- _EXERCISE AIM_: In the records below, begin at the line containing "abbrev pub handshake : List ℕ" and end at the line containing "-- The two bytes sent for one of these."; quote every line in that span exactly, including both boundary lines, and no others.

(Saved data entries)
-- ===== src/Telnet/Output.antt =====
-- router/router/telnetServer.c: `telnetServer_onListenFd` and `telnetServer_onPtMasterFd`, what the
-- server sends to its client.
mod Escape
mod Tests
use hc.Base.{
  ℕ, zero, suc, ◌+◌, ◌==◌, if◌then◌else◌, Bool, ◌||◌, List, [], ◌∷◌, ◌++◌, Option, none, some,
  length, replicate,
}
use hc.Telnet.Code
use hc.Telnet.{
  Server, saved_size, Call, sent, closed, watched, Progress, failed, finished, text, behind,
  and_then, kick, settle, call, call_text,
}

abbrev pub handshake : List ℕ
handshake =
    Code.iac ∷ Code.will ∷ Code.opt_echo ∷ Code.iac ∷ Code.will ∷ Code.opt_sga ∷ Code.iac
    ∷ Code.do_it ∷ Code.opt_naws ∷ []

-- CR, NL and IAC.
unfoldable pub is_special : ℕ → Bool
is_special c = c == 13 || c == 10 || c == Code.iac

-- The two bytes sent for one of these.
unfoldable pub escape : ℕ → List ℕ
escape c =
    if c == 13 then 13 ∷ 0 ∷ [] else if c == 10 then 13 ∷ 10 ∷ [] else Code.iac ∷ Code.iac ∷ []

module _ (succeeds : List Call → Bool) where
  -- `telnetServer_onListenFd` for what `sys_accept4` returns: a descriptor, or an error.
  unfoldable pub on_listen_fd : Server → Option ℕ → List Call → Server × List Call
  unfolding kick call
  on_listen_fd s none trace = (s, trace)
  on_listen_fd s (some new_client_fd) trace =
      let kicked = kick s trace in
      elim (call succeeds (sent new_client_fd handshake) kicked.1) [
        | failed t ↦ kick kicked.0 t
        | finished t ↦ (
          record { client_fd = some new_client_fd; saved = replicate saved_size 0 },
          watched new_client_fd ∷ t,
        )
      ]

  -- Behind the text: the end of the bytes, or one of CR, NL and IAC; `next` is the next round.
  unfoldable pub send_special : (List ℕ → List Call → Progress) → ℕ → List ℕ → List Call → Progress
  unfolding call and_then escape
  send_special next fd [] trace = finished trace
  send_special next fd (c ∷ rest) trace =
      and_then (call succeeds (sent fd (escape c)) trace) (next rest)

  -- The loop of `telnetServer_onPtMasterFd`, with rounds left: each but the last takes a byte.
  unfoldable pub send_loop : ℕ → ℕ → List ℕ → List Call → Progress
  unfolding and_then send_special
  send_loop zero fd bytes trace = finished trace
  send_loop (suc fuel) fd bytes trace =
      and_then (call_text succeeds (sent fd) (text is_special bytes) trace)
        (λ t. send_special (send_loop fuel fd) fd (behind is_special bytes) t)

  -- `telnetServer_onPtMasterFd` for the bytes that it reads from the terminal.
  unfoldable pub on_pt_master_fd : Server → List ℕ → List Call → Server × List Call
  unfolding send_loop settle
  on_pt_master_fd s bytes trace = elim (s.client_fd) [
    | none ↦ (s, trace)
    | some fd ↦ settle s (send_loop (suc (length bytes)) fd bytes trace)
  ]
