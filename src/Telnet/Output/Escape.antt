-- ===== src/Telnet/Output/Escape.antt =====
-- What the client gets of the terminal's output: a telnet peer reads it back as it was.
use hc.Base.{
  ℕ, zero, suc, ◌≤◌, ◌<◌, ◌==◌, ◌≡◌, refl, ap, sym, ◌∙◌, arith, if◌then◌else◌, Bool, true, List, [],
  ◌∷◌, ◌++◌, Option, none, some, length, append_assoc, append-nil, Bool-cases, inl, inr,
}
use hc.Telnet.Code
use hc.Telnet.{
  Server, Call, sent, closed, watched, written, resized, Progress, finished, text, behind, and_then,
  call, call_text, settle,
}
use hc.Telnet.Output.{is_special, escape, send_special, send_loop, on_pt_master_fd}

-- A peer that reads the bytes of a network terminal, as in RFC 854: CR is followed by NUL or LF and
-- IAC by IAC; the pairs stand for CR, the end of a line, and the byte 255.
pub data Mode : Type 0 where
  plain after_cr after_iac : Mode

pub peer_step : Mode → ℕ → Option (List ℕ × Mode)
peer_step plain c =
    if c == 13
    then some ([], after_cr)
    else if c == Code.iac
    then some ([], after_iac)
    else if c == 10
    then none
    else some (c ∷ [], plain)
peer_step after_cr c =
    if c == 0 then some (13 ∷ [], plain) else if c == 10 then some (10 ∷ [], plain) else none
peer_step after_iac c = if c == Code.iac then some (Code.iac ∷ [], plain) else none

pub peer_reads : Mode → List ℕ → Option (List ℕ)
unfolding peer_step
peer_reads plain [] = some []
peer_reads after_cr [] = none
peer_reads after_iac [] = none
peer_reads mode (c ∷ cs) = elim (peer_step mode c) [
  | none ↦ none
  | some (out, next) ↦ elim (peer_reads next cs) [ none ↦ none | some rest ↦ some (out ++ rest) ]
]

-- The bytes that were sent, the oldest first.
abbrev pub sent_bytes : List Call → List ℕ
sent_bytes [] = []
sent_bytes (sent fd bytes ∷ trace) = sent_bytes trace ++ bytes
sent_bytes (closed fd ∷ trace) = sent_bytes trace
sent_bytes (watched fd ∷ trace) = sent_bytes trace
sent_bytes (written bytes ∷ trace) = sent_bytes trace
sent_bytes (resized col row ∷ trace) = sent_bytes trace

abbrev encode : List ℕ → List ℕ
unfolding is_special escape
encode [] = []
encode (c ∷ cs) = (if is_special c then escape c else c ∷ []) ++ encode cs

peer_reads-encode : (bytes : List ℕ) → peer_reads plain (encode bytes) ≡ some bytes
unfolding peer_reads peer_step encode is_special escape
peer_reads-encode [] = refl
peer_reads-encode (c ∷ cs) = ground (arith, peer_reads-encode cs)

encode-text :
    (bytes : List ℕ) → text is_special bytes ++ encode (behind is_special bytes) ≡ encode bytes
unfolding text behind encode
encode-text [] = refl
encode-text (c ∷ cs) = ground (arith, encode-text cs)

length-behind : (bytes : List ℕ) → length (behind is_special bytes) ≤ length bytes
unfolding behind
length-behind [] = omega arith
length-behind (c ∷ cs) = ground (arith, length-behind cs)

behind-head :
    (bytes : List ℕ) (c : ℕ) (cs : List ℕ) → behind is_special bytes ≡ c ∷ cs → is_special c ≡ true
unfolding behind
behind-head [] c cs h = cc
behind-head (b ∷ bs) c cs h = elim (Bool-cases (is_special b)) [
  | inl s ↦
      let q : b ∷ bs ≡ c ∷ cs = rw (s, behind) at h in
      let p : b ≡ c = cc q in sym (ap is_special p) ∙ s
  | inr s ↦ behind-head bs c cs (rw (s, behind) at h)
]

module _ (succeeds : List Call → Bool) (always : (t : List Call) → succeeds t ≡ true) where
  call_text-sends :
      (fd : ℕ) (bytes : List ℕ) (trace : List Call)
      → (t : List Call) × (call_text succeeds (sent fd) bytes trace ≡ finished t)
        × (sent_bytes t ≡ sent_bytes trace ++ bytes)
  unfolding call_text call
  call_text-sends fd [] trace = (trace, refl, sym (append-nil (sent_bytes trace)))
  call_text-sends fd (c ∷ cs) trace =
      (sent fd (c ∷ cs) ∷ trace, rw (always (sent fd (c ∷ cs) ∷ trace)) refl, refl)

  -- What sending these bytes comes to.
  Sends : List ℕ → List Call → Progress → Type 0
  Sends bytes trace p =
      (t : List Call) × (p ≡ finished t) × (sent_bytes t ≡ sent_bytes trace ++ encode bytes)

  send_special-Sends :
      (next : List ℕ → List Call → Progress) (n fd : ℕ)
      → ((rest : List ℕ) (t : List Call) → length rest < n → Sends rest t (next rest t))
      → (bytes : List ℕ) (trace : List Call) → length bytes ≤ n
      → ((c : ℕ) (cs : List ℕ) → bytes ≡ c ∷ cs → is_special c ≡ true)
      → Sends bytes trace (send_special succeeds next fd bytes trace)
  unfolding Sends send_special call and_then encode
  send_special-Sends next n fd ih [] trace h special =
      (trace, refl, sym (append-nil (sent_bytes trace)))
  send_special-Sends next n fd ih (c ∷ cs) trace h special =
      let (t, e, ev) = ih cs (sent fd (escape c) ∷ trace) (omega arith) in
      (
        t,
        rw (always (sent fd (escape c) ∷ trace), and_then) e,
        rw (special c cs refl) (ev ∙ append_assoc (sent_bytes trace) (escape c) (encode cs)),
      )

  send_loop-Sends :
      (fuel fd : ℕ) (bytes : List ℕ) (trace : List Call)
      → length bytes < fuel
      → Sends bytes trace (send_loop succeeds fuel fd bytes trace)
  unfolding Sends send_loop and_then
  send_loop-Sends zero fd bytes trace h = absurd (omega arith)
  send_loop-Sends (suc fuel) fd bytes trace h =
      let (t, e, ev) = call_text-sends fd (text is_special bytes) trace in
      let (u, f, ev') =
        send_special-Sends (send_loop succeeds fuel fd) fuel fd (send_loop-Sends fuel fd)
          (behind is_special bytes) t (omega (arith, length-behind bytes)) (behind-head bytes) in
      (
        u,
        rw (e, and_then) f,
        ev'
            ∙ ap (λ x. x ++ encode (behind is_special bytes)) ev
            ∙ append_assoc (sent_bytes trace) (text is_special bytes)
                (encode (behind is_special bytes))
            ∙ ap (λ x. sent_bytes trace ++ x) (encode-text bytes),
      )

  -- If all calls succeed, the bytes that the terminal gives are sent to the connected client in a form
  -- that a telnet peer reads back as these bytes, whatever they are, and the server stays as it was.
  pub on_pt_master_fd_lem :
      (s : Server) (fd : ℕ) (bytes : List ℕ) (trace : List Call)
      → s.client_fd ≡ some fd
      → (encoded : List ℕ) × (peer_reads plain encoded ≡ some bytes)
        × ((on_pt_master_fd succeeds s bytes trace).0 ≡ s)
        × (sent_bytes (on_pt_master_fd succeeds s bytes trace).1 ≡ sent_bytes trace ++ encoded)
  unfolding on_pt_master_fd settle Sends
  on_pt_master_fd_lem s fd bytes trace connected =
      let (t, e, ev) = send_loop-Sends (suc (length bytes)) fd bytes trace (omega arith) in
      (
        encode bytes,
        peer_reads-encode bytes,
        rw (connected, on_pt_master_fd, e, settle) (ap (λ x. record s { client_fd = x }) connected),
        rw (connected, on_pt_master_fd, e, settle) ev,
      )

- _RESPONSE AREA_:
abbrev pub handshake : List ℕ
handshake =
    Code.iac ∷ Code.will ∷ Code.opt_echo ∷ Code.iac ∷ Code.will ∷ Code.opt_sga ∷ Code.iac
    ∷ Code.do_it ∷ Code.opt_naws ∷ []

-- CR, NL and IAC.
unfoldable pub is_special : ℕ → Bool
is_special c = c == 13 || c == 10 || c == Code.iac

-- The two bytes sent for one of these.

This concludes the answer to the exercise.